The impact of computerisation and automation on future employment

By Hugh Durrant-Whyte, Lachlan McCalman, Simon O’Callaghan, Alistair Reid and Daniel Steinberg. This piece is an extract of the chapter The impact of computerisation and automation on future employment from the CEDA report Australia’s future workforce? published in June 2015. The full report can be downloaded at www.ceda.com.au

Forty per cent of jobs in Australia have a high probability of being susceptible to computerisation and automation in the next 10 to 15 years according to recent National ICT Australia research.

Administration and some services jobs are particularly susceptible, as are regions that have historically associated with the mining industry. Jobs in the professions, in technical and creative industries and in personal services areas (health for example) are least susceptible to automation. We need to look into the future to understand where we now stand.

Providing insight into the qualities of future jobs and what makes these uniquely human and not automatable helps inform us of what we should currently be doing to educate and train the next generation.

Trying to understand and quantify the impact of emerging technology on jobs in areas such as artificial intelligence, robotics and machine learning is key to predicting future employment.

The methodology and initial data used in this study of Australia is based on the much-cited paper by Frey and Osborne, which examined this same problem for the United States (US) and more recently the United Kingdom (UK).

Specifically, the starting point for the analysis is a probabilistic labelling of job categories as 'automatable' based on an expert's subjective view of where technology is leading.

In the next decade or two, the largest impacts will come from the automation of intellectually and physically routine jobs for which machine intelligence and robotics already play a large role. Also important will be the use of automation to substantially increase productivity, and thus reduce employment, in many non-routine occupations.

An important trend is the automation of analysis roles for which machine learning is especially effective and the increasing use of data is key, rather than creative roles for which computer algorithms have yet to make a mark.

There has already been notable work in automation in Australia, especially in the mining industry, replacing human operators on trucks, loads, drills and trains with autonomous vehicles operated by computer from remote location. Increasingly this extends to other occupations in mining including geologists, surveyors and other routine operations.

A second important area will be increasing automation of routine office jobs by computers and machine-learning algorithms.

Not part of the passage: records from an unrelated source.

-- ===== src/User.antt =====
-- src/user/user.cpp: the client, which sends one signed request after the other from each of its
-- threads. The sleep after a request is left out.
use myblockchain.Prelude.{
  ℕ, ◌+◌, ◌*◌, ◌/◌, ◌≤◌, ◌<◌, ◌≡◌, refl, sym, subst, List, [], ◌∷◌, Bool, true, false, Option, none,
  some, arith, length, if◌then◌else◌, String, string_key, All,
}
use myblockchain.Transaction.{TransactionPayload}
use myblockchain.Epochs.{to_uint64}
use myblockchain.CryptoSign.{OpenSsl, CryptoSign, rsa_encrypt}

pub record UserRequest : Type 0 where
  pub payload : String
  pub digest : String

-- What is called: the serialized payload that adds 1 to the key "lhx", the serialized form of a
-- transaction payload, the text of 1024 zeros, and std::stoi with the conversion to 32 bits, `none`
-- for an exception.
pub record UserLibrary : Type 0 where
  pub gcounter_payload : String
  pub payload_as_string : TransactionPayload → String
  pub blank : String
  pub stoi : String → Option ℕ

module _ (ssl : OpenSsl) (library : UserLibrary) where
  -- The payload of a round at a time, with the number of the rounds before.
  abbrev pub payload_at : ℕ → ℕ → TransactionPayload
  payload_at time tr_count = record {
    header = "crdt_gcounter";
    payload = library.gcounter_payload;
    nonce = to_uint64 (time + to_uint64 (tr_count * 4294967296));
    digest = "";
  }

  -- The success of the signature is not looked at.
  unfoldable pub request_at : ℕ → ℕ → CryptoSign ssl → UserRequest × CryptoSign ssl
  request_at time tr_count helper =
      let payload_raw = library.payload_as_string (payload_at time tr_count) in
      let (signed, digest, helper1) = rsa_encrypt ssl library.blank payload_raw helper in
      (record { payload = payload_raw; digest = digest }, helper1)

  -- The rounds of `run` at these times: the payloads with the requests that are sent.
  unfoldable pub run : List ℕ → ℕ → CryptoSign ssl → List (TransactionPayload × UserRequest)
  run [] tr_count helper = []
  run (time ∷ times) tr_count helper =
      let (request, helper1) = request_at time tr_count helper in
      (payload_at time tr_count, request) ∷ run times (to_uint64 (tr_count + 1)) helper1

  -- The loop over the arguments, with the number of threads and the flag; `none` is an exception, or the
  -- null pointer behind a last "-t".
  unfoldable pub parse_args : List String → ℕ → Bool → Option (ℕ × Bool)
  parse_args [] thread_num sleep_flag = some (thread_num, sleep_flag)
  parse_args (arg ∷ args) thread_num sleep_flag =
      let flag = if string_key.beq arg "-s" then true else sleep_flag in
      if string_key.beq arg "-t"
      then (elim args [
        | [] ↦ none
        | value ∷ rest ↦ elim (library.stoi value) [ none ↦ none | some n ↦ parse_args args n flag ]
      ])
      else parse_args args thread_num flag

  -- `main` up to the start of the threads; the first argument is the program.
  unfoldable pub main : List String → Option (ℕ × Bool)
  unfolding parse_args
  main argv = parse_args argv 1 false

  -- The nonces count on from a number in their high halves, and have the times in their low ones.
  abbrev pub Counted : ℕ → List ℕ → List (TransactionPayload × UserRequest) → Type 0
  Counted n [] [] = Unit
  Counted n (time ∷ times) ((p, q) ∷ rest) =
      (p.nonce / 4294967296 ≡ n)
      × (q.payload ≡ library.payload_as_string p)
      × Counted (n + 1) times rest
  Counted n _ _ = ⊥

  -- As long as the clock has 32 bits and less than 2^32 requests are made, no two requests of a thread
  -- have the same nonce: its high half is the number of the request.
  pub run_lem :
      (times : List ℕ) (tr_count : ℕ) (helper : CryptoSign ssl)
      → All (λ time. time < 4294967296) times
      → tr_count + length times ≤ 4294967296
      → Counted tr_count times (run times tr_count helper)
  unfolding run request_at
  run_lem [] tr_count helper v room = tt
  run_lem (time ∷ times) tr_count helper v room =
      let next : to_uint64 (tr_count + 1) ≡ tr_count + 1 = omega arith in
      let small = v.0 in
      (
        omega arith,
        refl,
        subst (λ n. Counted (tr_count + 1) times (run times n (request_at time tr_count helper).1))
            (sym next)
            (run_lem times (tr_count + 1) (request_at time tr_count helper).1 v.1 (omega arith)),
      )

This has already come a long way in the past 30 years: from word processing to automated stock trading. However, current machine-learning algorithms are taking a larger share of what were once perceived skilled jobs or roles around customer engagement. This includes occupations such as legal clerks, market research and sales.

These examples show that the scope of computerisation is growing, especially in analyst-type roles. These probably have the largest impact on data presented in Figures 1 and 2, particularly in a service-centred economy like Australia.

A third important area are jobs which, while not always routine, will see increased productivity (and therefore relatively less employment for the same output) through application of robotics and machine-learning algorithms. Health is an increasingly significant area likely to be impacted – through automation in clinical data and predicted diagnostics (analysis roles), to robotics assisting in areas from surgery to nursing and from hospital logistics to pharmaceutical dispensary. Other examples include banking and legal advice that involve a qualified professional but where data and analysis play a large role, and where most but not all work is routine. Figure 1

Figure 1 shows the estimated probabilities of the susceptibility of jobs to computerisation and automation in Australia, segmented into notionally high, medium and low probability sectors. Notably, 40 per cent of current jobs have a high probability (greater than 0.7) of being computerised or automated in the next 10 to 15 years. This is a lower figure than that for the US (50 per cent) – we believe due to smaller numbers of workers in the service sector – and is comparable to the UK. Figure 2

There are a number of clear messages from the data. First, potential job losses are polarised: Jobs in administration and sales (and many service areas) will disappear, while jobs in the technical professions and personal services will remain. Second, many of those jobs remaining are characterised by non-routine thinking and especially high levels of originality and creativity.

The rate of job impact from automation is substantial and will likely cause significant social adjustment as new jobs and new ways of working emerge. However it is important not to be too pessimistic; this data clearly takes no account of the creation of new jobs and new opportunities in fields that will be opened up by this digital disruption.